What this task involves » Determine how many lines in the data below contain "there" and write only that number.
:: The records
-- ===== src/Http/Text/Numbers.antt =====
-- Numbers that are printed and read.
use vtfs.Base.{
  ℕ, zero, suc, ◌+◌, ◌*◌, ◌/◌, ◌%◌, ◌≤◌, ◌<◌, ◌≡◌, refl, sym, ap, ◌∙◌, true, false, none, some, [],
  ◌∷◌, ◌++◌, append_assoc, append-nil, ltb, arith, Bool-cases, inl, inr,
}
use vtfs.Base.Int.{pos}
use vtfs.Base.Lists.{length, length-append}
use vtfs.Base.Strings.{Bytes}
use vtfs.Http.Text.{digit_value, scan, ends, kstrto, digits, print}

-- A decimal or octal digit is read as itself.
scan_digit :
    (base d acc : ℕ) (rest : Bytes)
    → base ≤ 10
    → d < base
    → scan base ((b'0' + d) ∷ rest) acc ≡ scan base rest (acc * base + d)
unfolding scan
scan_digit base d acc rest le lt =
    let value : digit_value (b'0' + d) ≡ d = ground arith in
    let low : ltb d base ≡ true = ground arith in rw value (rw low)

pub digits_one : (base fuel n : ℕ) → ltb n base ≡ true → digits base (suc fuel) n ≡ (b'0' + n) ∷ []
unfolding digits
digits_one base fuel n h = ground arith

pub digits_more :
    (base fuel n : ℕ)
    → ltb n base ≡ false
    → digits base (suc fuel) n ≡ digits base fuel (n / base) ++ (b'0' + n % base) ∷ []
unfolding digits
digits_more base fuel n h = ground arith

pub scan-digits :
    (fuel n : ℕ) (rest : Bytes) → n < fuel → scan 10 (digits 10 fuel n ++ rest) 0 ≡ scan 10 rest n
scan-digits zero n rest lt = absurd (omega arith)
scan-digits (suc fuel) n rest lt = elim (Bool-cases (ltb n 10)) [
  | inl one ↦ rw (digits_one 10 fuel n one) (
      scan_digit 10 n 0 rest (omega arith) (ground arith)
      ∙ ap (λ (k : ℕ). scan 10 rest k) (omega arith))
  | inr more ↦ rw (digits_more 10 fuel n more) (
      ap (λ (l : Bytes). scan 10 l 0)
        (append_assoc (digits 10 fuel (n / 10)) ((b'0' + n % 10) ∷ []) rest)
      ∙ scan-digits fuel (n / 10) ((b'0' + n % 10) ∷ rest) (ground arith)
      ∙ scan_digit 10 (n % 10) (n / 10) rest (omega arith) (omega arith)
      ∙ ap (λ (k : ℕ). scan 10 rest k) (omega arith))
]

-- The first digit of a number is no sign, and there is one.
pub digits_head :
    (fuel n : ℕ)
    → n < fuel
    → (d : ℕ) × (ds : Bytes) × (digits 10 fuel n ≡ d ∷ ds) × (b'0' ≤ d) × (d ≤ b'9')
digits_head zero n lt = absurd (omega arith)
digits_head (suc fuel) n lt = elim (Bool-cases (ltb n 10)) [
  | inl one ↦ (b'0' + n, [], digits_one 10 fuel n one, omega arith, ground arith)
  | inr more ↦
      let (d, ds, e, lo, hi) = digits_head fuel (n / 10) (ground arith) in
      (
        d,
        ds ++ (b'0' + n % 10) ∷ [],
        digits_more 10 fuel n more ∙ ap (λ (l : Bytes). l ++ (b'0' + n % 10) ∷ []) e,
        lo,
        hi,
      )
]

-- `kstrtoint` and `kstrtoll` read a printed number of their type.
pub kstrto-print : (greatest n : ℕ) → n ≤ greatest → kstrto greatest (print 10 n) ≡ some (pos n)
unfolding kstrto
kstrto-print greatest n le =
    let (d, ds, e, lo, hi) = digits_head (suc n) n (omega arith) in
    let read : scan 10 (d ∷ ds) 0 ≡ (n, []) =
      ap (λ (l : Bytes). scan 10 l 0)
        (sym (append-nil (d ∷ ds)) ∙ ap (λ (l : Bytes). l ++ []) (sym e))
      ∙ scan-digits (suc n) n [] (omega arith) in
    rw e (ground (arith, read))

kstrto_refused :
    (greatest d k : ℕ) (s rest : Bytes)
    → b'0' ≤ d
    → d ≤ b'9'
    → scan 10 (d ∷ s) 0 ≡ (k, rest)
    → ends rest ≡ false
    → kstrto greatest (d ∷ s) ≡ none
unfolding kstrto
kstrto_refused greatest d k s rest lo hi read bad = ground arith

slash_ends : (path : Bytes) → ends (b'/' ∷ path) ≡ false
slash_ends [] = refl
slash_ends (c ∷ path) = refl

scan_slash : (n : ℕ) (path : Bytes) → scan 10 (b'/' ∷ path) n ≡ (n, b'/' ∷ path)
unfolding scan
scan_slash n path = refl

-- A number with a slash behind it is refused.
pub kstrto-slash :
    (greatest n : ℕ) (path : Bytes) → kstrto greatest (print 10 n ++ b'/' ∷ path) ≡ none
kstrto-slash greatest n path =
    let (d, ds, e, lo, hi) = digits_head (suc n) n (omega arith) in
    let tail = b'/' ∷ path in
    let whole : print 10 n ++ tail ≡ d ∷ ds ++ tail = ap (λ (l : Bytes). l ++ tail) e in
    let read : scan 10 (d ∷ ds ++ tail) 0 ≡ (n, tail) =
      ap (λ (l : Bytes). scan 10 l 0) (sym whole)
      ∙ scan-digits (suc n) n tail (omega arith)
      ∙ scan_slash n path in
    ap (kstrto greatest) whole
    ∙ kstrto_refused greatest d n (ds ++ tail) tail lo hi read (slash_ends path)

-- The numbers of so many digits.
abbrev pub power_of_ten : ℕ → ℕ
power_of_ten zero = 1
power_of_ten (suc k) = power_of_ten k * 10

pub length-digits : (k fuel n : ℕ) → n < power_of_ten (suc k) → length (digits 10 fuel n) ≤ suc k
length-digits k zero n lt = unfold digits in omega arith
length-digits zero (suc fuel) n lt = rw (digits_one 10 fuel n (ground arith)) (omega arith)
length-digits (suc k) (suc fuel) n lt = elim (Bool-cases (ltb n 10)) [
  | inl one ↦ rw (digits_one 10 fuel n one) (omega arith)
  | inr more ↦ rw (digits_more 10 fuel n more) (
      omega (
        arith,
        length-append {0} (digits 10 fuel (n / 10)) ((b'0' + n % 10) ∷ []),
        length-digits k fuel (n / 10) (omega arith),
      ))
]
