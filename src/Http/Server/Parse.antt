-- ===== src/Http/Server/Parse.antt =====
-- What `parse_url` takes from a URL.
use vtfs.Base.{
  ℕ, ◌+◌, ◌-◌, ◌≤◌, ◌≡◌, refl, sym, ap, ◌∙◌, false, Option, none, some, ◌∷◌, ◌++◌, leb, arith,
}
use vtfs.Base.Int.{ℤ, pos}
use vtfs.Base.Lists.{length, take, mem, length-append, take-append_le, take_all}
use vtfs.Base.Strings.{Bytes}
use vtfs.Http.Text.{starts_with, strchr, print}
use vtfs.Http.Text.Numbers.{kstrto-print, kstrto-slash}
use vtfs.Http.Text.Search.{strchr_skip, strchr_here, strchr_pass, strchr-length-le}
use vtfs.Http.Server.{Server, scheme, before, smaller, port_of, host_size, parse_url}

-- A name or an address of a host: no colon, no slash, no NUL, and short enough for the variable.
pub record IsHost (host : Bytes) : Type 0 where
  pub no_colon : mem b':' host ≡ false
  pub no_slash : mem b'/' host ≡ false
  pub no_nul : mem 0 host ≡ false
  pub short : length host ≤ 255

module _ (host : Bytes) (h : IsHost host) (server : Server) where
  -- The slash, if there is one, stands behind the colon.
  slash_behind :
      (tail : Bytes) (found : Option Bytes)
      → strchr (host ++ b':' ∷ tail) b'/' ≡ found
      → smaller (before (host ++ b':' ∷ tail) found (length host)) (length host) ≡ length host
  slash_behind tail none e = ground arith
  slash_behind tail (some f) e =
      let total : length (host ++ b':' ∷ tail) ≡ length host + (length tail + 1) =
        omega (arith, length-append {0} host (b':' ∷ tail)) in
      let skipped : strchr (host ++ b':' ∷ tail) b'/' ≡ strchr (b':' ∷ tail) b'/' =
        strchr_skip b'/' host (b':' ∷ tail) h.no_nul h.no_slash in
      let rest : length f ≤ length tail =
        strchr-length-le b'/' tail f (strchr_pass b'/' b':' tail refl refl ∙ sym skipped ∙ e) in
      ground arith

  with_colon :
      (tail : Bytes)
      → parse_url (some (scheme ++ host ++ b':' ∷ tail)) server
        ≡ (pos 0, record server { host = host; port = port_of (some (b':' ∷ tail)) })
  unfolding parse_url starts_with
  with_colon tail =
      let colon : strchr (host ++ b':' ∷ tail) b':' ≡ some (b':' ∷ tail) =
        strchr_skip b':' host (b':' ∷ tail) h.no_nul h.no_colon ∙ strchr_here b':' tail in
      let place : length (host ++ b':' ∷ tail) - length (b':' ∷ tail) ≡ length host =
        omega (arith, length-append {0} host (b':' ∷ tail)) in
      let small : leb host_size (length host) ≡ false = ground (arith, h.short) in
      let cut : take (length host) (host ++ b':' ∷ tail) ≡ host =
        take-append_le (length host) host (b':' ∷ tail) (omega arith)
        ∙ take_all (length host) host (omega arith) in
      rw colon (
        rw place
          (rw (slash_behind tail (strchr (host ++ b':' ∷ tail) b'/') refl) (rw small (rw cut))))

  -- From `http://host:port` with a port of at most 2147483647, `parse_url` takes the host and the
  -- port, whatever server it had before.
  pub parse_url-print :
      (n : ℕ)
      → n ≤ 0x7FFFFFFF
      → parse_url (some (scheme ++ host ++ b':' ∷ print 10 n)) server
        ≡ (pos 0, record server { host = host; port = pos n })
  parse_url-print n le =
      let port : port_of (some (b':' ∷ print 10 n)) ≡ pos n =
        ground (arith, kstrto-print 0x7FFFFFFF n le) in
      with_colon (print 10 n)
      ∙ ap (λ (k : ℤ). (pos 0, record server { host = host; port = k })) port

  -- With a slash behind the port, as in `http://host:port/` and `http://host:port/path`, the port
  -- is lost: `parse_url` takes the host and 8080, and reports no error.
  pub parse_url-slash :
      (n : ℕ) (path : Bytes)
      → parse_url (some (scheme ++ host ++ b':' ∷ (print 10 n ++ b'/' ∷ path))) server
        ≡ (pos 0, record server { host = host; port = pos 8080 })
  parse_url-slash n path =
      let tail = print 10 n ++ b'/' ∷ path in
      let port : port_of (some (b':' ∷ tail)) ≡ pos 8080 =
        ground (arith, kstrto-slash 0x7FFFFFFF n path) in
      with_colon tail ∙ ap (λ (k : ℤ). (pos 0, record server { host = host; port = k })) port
::::
Worked solution » 2